__WORK REQUEST__: Every entry below must be reproduced exactly.

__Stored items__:
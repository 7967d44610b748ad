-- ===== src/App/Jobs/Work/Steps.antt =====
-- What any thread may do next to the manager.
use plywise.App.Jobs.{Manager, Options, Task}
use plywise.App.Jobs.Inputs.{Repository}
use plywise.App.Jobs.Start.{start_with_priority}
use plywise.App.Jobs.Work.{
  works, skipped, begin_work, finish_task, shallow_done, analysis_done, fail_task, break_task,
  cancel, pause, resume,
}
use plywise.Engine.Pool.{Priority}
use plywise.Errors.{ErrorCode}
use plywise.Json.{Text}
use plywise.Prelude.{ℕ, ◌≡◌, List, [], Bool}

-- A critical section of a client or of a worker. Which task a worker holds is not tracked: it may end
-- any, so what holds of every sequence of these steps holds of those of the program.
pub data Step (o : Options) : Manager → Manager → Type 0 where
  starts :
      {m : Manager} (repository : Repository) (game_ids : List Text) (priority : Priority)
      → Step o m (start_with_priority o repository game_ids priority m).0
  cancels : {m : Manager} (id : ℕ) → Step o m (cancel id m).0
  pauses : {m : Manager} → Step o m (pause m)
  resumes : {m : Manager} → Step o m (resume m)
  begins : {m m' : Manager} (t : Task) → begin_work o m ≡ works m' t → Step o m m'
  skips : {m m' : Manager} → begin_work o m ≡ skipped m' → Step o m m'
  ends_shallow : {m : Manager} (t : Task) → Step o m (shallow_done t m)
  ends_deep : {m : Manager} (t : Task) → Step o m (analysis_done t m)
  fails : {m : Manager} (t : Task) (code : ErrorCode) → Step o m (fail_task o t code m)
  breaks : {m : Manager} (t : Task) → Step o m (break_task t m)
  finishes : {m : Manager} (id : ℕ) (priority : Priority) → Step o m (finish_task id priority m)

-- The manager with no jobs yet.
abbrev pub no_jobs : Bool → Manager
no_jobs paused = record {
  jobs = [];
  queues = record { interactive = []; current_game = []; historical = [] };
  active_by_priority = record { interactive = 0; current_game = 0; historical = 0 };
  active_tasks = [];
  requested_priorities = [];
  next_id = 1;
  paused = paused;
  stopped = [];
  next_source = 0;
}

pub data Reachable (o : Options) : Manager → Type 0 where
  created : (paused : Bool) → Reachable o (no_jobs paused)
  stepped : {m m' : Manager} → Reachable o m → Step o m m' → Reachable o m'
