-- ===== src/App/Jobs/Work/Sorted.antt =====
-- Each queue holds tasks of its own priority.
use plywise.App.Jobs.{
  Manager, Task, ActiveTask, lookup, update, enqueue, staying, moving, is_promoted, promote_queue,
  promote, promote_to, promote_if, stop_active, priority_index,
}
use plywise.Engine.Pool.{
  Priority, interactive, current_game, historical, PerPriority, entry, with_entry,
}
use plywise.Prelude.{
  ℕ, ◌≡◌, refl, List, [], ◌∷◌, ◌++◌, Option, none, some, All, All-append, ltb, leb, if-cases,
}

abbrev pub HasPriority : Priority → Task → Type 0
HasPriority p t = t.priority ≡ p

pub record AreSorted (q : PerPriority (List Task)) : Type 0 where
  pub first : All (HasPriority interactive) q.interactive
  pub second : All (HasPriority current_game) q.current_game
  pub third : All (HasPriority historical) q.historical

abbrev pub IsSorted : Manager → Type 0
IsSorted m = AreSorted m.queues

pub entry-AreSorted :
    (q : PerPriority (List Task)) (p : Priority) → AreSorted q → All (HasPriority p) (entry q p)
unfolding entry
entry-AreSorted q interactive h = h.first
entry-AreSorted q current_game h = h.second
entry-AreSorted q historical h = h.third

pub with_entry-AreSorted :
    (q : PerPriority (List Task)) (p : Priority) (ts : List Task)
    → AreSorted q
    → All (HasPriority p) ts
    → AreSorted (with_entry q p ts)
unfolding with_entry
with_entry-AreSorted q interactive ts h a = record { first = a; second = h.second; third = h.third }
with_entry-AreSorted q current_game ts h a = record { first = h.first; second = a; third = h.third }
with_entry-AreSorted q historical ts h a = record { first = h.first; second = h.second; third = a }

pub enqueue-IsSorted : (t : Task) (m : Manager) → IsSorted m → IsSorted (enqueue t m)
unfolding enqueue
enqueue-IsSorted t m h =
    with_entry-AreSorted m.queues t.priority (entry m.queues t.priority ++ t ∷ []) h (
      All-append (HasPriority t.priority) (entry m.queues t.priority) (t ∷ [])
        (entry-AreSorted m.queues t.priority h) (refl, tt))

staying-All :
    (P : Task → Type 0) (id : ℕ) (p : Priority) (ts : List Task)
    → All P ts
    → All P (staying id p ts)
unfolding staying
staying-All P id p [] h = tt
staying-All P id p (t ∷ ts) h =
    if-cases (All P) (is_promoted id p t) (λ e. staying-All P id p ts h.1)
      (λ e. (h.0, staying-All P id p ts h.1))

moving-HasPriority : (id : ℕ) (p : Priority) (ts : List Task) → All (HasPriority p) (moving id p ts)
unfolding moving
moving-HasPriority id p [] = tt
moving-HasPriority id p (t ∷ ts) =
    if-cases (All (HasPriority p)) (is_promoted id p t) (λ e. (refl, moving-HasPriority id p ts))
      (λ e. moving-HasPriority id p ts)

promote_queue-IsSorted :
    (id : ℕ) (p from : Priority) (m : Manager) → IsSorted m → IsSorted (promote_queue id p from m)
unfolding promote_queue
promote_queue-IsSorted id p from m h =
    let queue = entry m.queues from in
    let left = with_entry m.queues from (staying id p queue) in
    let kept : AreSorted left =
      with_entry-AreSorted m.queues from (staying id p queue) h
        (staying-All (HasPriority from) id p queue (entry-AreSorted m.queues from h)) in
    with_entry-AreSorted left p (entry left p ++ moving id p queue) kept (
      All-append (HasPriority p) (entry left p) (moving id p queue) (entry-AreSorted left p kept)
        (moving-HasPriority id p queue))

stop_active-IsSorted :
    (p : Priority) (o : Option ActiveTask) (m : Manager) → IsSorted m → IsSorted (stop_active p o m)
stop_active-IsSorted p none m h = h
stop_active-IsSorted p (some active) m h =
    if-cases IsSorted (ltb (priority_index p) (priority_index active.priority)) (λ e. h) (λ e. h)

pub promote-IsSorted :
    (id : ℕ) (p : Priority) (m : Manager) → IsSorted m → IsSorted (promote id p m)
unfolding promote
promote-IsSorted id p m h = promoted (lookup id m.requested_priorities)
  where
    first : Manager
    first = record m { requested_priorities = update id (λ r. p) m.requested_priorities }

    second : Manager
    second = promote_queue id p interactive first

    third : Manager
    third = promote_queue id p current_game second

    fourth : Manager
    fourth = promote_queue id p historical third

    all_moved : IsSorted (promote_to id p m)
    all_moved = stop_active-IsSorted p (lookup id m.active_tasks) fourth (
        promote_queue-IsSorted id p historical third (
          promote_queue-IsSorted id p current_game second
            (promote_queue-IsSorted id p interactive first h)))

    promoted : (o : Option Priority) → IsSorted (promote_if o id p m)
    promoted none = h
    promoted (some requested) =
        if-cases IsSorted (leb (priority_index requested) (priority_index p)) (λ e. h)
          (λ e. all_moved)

__REPLY__:
repository 7967d44610b748ad
-- ===== src/App/Jobs/Work/Steps.antt =====
-- What any thread may do next to the manager.
use plywise.App.Jobs.{Manager, Options, Task}
use plywise.App.Jobs.Inputs.{Repository}
use plywise.App.Jobs.Start.{start_with_priority}
use plywise.App.Jobs.Work.{
  works, skipped, begin_work, finish_task, shallow_done, analysis_done, fail_task, break_task,
  cancel, pause, resume,
}
use plywise.Engine.Pool.{Priority}
use plywise.Errors.{ErrorCode}
use plywise.Json.{Text}
use plywise.Prelude.{ℕ, ◌≡◌, List, [], Bool}

-- A critical section of a client or of a worker. Which task a worker holds is not tracked: it may end
-- any, so what holds of every sequence of these steps holds of those of the program.
pub data Step (o : Options) : Manager → Manager → Type 0 where
  starts :
      {m : Manager} (repository : Repository) (game_ids : List Text) (priority : Priority)
      → Step o m (start_with_priority o repository game_ids priority m).0
  cancels : {m : Manager} (id : ℕ) → Step o m (cancel id m).0
  pauses : {m : Manager} → Step o m (pause m)
  resumes : {m : Manager} → Step o m (resume m)
  begins : {m m' : Manager} (t : Task) → begin_work o m ≡ works m' t → Step o m m'
  skips : {m m' : Manager} → begin_work o m ≡ skipped m' → Step o m m'
  ends_shallow : {m : Manager} (t : Task) → Step o m (shallow_done t m)
  ends_deep : {m : Manager} (t : Task) → Step o m (analysis_done t m)
  fails : {m : Manager} (t : Task) (code : ErrorCode) → Step o m (fail_task o t code m)
  breaks : {m : Manager} (t : Task) → Step o m (break_task t m)
  finishes : {m : Manager} (id : ℕ) (priority : Priority) → Step o m (finish_task id priority m)

-- The manager with no jobs yet.
abbrev pub no_jobs : Bool → Manager
no_jobs paused = record {
  jobs = [];
  queues = record { interactive = []; current_game = []; historical = [] };
  active_by_priority = record { interactive = 0; current_game = 0; historical = 0 };
  active_tasks = [];
  requested_priorities = [];
  next_id = 1;
  paused = paused;
  stopped = [];
  next_source = 0;
}

pub data Reachable (o : Options) : Manager → Type 0 where
  created : (paused : Bool) → Reachable o (no_jobs paused)
  stepped : {m m' : Manager} → Reachable o m → Step o m m' → Reachable o m'
-- ===== src/App/Jobs/Work/Sorted.antt =====
-- Each queue holds tasks of its own priority.
use plywise.App.Jobs.{
  Manager, Task, ActiveTask, lookup, update, enqueue, staying, moving, is_promoted, promote_queue,
  promote, promote_to, promote_if, stop_active, priority_index,
}
use plywise.Engine.Pool.{
  Priority, interactive, current_game, historical, PerPriority, entry, with_entry,
}
use plywise.Prelude.{
  ℕ, ◌≡◌, refl, List, [], ◌∷◌, ◌++◌, Option, none, some, All, All-append, ltb, leb, if-cases,
}

abbrev pub HasPriority : Priority → Task → Type 0
HasPriority p t = t.priority ≡ p

pub record AreSorted (q : PerPriority (List Task)) : Type 0 where
  pub first : All (HasPriority interactive) q.interactive
  pub second : All (HasPriority current_game) q.current_game
  pub third : All (HasPriority historical) q.historical

abbrev pub IsSorted : Manager → Type 0
IsSorted m = AreSorted m.queues

pub entry-AreSorted :
    (q : PerPriority (List Task)) (p : Priority) → AreSorted q → All (HasPriority p) (entry q p)
unfolding entry
entry-AreSorted q interactive h = h.first
entry-AreSorted q current_game h = h.second
entry-AreSorted q historical h = h.third

pub with_entry-AreSorted :
    (q : PerPriority (List Task)) (p : Priority) (ts : List Task)
    → AreSorted q
    → All (HasPriority p) ts
    → AreSorted (with_entry q p ts)
unfolding with_entry
with_entry-AreSorted q interactive ts h a = record { first = a; second = h.second; third = h.third }
with_entry-AreSorted q current_game ts h a = record { first = h.first; second = a; third = h.third }
with_entry-AreSorted q historical ts h a = record { first = h.first; second = h.second; third = a }

pub enqueue-IsSorted : (t : Task) (m : Manager) → IsSorted m → IsSorted (enqueue t m)
unfolding enqueue
enqueue-IsSorted t m h =
    with_entry-AreSorted m.queues t.priority (entry m.queues t.priority ++ t ∷ []) h (
      All-append (HasPriority t.priority) (entry m.queues t.priority) (t ∷ [])
        (entry-AreSorted m.queues t.priority h) (refl, tt))

staying-All :
    (P : Task → Type 0) (id : ℕ) (p : Priority) (ts : List Task)
    → All P ts
    → All P (staying id p ts)
unfolding staying
staying-All P id p [] h = tt
staying-All P id p (t ∷ ts) h =
    if-cases (All P) (is_promoted id p t) (λ e. staying-All P id p ts h.1)
      (λ e. (h.0, staying-All P id p ts h.1))

moving-HasPriority : (id : ℕ) (p : Priority) (ts : List Task) → All (HasPriority p) (moving id p ts)
unfolding moving
moving-HasPriority id p [] = tt
moving-HasPriority id p (t ∷ ts) =
    if-cases (All (HasPriority p)) (is_promoted id p t) (λ e. (refl, moving-HasPriority id p ts))
      (λ e. moving-HasPriority id p ts)

promote_queue-IsSorted :
    (id : ℕ) (p from : Priority) (m : Manager) → IsSorted m → IsSorted (promote_queue id p from m)
unfolding promote_queue
promote_queue-IsSorted id p from m h =
    let queue = entry m.queues from in
    let left = with_entry m.queues from (staying id p queue) in
    let kept : AreSorted left =
      with_entry-AreSorted m.queues from (staying id p queue) h
        (staying-All (HasPriority from) id p queue (entry-AreSorted m.queues from h)) in
    with_entry-AreSorted left p (entry left p ++ moving id p queue) kept (
      All-append (HasPriority p) (entry left p) (moving id p queue) (entry-AreSorted left p kept)
        (moving-HasPriority id p queue))

stop_active-IsSorted :
    (p : Priority) (o : Option ActiveTask) (m : Manager) → IsSorted m → IsSorted (stop_active p o m)
stop_active-IsSorted p none m h = h
stop_active-IsSorted p (some active) m h =
    if-cases IsSorted (ltb (priority_index p) (priority_index active.priority)) (λ e. h) (λ e. h)

pub promote-IsSorted :
    (id : ℕ) (p : Priority) (m : Manager) → IsSorted m → IsSorted (promote id p m)
unfolding promote
promote-IsSorted id p m h = promoted (lookup id m.requested_priorities)
  where
    first : Manager
    first = record m { requested_priorities = update id (λ r. p) m.requested_priorities }

    second : Manager
    second = promote_queue id p interactive first

    third : Manager
    third = promote_queue id p current_game second

    fourth : Manager
    fourth = promote_queue id p historical third

    all_moved : IsSorted (promote_to id p m)
    all_moved = stop_active-IsSorted p (lookup id m.active_tasks) fourth (
        promote_queue-IsSorted id p historical third (
          promote_queue-IsSorted id p current_game second
            (promote_queue-IsSorted id p interactive first h)))

    promoted : (o : Option Priority) → IsSorted (promote_if o id p m)
    promoted none = h
    promoted (some requested) =
        if-cases IsSorted (leb (priority_index requested) (priority_index p)) (λ e. h)
          (λ e. all_moved)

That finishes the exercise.